Extracted information
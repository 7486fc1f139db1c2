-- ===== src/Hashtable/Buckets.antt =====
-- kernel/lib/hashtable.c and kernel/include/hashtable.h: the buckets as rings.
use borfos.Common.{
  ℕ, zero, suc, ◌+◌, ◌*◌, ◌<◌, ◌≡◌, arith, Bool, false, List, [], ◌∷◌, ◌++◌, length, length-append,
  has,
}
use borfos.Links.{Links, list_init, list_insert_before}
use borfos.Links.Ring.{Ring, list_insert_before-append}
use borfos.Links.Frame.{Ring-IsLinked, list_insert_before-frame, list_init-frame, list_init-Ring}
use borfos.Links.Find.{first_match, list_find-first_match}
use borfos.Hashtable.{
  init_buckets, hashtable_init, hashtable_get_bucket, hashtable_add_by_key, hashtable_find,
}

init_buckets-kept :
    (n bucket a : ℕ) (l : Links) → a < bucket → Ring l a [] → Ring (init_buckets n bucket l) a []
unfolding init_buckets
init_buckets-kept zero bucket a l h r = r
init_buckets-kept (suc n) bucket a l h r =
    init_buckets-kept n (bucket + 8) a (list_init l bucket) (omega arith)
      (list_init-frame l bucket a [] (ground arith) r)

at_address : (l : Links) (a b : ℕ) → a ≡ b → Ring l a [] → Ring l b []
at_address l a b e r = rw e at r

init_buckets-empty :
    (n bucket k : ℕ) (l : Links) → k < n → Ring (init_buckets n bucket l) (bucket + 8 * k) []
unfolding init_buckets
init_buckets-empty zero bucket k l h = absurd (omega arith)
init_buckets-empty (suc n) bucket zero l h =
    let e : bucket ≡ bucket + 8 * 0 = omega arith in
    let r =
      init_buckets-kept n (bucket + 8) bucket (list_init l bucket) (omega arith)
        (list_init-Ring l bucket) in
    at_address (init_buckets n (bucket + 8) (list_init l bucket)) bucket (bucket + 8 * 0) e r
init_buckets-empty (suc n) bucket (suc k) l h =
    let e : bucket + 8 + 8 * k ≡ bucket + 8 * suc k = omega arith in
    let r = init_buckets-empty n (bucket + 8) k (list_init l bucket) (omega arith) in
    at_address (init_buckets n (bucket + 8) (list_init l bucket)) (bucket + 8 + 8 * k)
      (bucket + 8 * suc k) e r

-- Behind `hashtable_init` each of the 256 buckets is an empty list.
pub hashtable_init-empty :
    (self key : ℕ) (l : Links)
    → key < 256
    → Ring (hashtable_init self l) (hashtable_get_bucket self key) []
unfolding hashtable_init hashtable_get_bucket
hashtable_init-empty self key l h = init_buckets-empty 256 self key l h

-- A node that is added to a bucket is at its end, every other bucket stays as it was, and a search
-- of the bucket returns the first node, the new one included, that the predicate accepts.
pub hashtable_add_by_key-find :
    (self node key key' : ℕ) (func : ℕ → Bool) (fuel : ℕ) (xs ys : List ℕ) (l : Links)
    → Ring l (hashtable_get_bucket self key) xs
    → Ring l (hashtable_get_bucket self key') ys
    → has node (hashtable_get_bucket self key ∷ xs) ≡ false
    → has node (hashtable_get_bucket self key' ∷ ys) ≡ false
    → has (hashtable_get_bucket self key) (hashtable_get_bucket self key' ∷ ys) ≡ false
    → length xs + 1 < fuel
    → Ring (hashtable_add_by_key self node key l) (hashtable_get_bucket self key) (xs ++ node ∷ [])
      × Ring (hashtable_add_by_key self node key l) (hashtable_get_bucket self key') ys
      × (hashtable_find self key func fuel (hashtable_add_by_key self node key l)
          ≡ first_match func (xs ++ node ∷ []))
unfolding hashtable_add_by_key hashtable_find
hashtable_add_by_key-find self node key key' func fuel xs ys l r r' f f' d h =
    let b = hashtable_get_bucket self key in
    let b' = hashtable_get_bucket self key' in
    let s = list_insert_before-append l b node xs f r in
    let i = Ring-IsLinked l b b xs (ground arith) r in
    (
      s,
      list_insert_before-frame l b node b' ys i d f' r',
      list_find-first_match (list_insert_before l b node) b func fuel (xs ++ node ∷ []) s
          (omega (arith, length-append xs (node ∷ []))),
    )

Work order
Please copy the lines in the records above between the one holding "fuel (hashtable_add_by_key self node key l)" and the one holding "list_find-first_match (list_insert_before l", inclusive, exactly and with no other line.

Solution for this task
      × (hashtable_find self key func fuel (hashtable_add_by_key self node key l)
          ≡ first_match func (xs ++ node ∷ []))
unfolding hashtable_add_by_key hashtable_find
hashtable_add_by_key-find self node key key' func fuel xs ys l r r' f f' d h =
    let b = hashtable_get_bucket self key in
    let b' = hashtable_get_bucket self key' in
    let s = list_insert_before-append l b node xs f r in
    let i = Ring-IsLinked l b b xs (ground arith) r in
    (
      s,
      list_insert_before-frame l b node b' ys i d f' r',
      list_find-first_match (list_insert_before l b node) b func fuel (xs ++ node ∷ []) s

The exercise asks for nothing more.